Directions
Where does the word "WireScope" show up in the records? Copy every line that has it.

Source material
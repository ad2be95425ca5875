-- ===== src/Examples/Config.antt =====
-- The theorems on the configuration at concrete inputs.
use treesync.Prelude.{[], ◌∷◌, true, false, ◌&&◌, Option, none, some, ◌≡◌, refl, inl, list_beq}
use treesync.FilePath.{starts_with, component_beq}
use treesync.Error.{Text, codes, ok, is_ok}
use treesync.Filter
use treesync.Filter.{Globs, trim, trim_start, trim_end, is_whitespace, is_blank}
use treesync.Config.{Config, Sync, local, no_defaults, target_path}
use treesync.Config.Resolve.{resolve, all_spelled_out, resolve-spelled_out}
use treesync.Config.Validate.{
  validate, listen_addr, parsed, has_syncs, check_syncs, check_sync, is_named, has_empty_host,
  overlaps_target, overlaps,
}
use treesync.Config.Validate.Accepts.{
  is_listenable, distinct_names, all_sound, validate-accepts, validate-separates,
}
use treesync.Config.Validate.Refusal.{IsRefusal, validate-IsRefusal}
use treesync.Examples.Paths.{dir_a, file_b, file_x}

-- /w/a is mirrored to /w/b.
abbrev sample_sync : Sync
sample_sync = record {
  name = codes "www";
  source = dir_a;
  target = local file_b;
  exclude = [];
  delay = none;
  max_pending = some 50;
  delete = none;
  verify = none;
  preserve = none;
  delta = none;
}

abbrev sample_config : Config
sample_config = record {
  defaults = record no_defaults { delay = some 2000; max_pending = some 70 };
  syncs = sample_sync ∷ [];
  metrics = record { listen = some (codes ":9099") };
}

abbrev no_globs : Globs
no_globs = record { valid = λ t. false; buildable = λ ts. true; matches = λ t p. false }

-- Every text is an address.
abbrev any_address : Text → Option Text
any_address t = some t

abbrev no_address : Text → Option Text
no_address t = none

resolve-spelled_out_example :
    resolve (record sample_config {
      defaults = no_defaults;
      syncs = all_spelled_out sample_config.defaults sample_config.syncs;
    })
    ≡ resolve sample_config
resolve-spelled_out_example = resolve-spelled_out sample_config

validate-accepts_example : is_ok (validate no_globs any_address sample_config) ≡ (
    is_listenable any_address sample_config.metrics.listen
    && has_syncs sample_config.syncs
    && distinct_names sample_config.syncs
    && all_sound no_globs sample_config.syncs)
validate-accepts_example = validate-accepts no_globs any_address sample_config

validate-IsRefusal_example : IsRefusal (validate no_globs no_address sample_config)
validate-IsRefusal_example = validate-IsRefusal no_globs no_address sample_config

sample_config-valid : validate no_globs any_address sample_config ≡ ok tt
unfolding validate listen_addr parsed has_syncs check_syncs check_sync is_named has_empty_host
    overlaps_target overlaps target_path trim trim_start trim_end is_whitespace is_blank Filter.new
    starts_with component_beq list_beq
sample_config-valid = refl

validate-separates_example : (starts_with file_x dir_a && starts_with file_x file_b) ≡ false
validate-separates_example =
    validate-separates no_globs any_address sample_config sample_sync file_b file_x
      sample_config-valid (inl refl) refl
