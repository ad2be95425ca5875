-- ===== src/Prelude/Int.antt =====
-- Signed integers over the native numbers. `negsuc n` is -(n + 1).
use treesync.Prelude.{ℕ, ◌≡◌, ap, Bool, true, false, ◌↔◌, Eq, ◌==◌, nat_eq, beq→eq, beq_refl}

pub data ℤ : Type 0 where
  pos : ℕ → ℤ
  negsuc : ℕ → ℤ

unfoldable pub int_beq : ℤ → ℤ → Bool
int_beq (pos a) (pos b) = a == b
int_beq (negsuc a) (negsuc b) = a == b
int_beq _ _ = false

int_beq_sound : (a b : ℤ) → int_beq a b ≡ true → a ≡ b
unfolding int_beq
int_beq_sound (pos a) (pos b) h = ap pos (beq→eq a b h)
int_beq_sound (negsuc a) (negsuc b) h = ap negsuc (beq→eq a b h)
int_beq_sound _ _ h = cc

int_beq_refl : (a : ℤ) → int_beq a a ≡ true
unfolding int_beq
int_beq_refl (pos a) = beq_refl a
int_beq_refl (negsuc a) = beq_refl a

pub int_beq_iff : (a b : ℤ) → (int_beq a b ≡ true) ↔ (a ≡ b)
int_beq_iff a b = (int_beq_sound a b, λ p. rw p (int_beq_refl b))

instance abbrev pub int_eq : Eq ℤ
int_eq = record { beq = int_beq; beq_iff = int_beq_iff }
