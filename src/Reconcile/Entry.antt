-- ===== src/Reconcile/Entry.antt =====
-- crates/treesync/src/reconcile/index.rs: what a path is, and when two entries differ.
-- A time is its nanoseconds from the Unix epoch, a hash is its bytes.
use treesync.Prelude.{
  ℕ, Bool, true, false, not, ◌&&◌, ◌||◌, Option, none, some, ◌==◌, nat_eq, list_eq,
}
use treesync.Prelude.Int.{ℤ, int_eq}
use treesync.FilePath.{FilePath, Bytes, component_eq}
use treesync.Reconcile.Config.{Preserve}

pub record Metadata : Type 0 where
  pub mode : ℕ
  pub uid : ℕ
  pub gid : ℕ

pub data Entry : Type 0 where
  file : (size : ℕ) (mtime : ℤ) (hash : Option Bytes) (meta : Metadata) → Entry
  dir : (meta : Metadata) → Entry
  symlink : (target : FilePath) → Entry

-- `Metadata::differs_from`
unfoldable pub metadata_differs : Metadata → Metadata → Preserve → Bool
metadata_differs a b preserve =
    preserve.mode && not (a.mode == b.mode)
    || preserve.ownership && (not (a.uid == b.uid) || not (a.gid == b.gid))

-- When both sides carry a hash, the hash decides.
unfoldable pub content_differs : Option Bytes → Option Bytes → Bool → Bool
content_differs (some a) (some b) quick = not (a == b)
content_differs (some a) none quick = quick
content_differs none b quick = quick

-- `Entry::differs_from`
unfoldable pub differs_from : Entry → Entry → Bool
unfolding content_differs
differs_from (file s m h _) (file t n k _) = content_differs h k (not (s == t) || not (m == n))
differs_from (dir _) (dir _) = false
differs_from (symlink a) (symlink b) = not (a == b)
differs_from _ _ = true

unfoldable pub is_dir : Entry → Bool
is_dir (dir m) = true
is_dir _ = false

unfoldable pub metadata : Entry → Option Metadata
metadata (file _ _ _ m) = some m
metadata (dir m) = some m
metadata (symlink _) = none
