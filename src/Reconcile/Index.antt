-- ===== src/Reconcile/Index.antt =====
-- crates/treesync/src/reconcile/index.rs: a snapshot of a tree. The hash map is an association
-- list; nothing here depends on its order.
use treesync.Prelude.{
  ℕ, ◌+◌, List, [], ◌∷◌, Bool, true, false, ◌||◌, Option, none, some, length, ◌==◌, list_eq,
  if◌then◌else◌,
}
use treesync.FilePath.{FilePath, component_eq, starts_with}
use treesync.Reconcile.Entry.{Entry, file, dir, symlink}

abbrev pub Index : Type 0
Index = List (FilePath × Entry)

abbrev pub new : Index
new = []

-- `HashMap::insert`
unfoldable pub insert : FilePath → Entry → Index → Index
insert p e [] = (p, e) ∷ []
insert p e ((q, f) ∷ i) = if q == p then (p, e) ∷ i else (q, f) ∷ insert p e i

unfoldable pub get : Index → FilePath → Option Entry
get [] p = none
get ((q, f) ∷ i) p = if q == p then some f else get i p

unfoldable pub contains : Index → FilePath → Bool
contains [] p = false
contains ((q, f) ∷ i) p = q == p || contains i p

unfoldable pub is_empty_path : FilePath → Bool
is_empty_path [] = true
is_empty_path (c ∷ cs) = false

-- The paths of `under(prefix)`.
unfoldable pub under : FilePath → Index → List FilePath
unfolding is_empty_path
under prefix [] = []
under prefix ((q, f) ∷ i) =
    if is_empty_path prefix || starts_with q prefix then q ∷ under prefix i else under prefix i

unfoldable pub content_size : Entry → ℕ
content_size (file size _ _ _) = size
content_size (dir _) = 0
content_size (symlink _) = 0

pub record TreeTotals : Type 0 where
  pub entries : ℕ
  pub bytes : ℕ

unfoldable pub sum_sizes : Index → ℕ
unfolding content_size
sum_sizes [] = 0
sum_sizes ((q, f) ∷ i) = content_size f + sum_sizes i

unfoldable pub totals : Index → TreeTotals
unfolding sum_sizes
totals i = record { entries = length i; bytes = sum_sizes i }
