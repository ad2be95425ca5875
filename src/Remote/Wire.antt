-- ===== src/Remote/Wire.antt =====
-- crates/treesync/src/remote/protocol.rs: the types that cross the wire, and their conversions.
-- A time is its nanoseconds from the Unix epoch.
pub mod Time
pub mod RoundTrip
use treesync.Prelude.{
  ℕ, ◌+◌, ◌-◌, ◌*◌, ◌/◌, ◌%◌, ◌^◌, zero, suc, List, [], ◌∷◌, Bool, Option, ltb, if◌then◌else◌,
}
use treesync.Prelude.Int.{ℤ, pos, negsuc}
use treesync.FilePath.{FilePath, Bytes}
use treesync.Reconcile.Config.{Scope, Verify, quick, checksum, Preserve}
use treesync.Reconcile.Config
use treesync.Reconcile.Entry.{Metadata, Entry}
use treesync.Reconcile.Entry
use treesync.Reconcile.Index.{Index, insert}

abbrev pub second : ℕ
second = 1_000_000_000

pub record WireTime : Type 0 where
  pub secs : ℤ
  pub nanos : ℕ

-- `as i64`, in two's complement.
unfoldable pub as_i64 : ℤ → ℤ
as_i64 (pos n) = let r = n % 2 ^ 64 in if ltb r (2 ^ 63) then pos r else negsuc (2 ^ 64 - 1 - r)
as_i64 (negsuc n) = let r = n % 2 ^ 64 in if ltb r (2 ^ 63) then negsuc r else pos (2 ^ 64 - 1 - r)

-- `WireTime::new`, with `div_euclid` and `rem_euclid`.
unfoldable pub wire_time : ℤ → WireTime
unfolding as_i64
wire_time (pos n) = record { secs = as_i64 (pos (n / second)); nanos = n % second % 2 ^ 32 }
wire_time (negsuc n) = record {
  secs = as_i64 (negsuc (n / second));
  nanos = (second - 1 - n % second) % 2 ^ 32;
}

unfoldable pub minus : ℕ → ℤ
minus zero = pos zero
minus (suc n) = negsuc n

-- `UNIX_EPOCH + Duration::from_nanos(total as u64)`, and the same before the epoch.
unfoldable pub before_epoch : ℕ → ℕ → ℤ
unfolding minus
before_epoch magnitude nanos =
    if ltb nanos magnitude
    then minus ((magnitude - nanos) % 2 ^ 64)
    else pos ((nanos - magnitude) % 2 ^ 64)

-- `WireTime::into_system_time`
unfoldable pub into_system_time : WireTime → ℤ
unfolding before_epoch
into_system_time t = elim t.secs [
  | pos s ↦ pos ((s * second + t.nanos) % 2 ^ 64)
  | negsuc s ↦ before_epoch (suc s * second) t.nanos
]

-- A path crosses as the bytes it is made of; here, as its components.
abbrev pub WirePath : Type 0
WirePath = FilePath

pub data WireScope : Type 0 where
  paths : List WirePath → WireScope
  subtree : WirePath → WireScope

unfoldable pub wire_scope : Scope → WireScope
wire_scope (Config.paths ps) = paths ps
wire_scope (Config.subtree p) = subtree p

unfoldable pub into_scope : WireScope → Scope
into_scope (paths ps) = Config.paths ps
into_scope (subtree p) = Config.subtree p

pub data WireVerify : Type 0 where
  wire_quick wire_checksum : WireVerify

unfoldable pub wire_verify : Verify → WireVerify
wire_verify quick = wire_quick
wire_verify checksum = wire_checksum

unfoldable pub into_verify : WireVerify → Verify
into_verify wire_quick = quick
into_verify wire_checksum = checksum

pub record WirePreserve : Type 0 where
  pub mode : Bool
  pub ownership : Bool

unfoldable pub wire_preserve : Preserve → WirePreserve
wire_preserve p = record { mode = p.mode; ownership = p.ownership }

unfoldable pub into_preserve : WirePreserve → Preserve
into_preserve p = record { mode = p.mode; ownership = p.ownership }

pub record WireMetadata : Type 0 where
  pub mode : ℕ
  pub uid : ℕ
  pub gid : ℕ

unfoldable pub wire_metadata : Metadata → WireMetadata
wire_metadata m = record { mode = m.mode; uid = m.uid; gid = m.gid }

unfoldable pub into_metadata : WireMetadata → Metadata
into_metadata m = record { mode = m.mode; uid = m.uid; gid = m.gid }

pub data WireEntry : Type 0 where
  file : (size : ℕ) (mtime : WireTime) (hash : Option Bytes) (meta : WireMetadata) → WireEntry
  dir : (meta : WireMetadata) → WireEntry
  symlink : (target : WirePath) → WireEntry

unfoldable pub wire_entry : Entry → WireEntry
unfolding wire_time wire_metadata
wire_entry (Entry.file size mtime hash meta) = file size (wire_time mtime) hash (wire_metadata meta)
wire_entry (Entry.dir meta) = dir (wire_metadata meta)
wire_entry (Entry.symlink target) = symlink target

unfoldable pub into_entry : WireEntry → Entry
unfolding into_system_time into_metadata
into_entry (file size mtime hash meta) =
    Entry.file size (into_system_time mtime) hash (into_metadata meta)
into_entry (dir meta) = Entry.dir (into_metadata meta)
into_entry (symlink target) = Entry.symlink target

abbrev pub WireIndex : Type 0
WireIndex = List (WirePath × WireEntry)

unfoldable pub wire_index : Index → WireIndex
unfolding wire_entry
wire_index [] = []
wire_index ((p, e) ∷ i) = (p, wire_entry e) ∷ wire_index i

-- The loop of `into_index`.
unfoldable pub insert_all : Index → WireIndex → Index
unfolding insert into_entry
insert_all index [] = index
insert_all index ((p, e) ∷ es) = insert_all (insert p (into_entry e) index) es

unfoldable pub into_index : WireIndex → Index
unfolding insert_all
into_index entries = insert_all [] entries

Written answer
pub data WireScope : Type 0 where
  paths : List WirePath → WireScope
  subtree : WirePath → WireScope
unfoldable pub wire_scope : Scope → WireScope
unfoldable pub into_scope : WireScope → Scope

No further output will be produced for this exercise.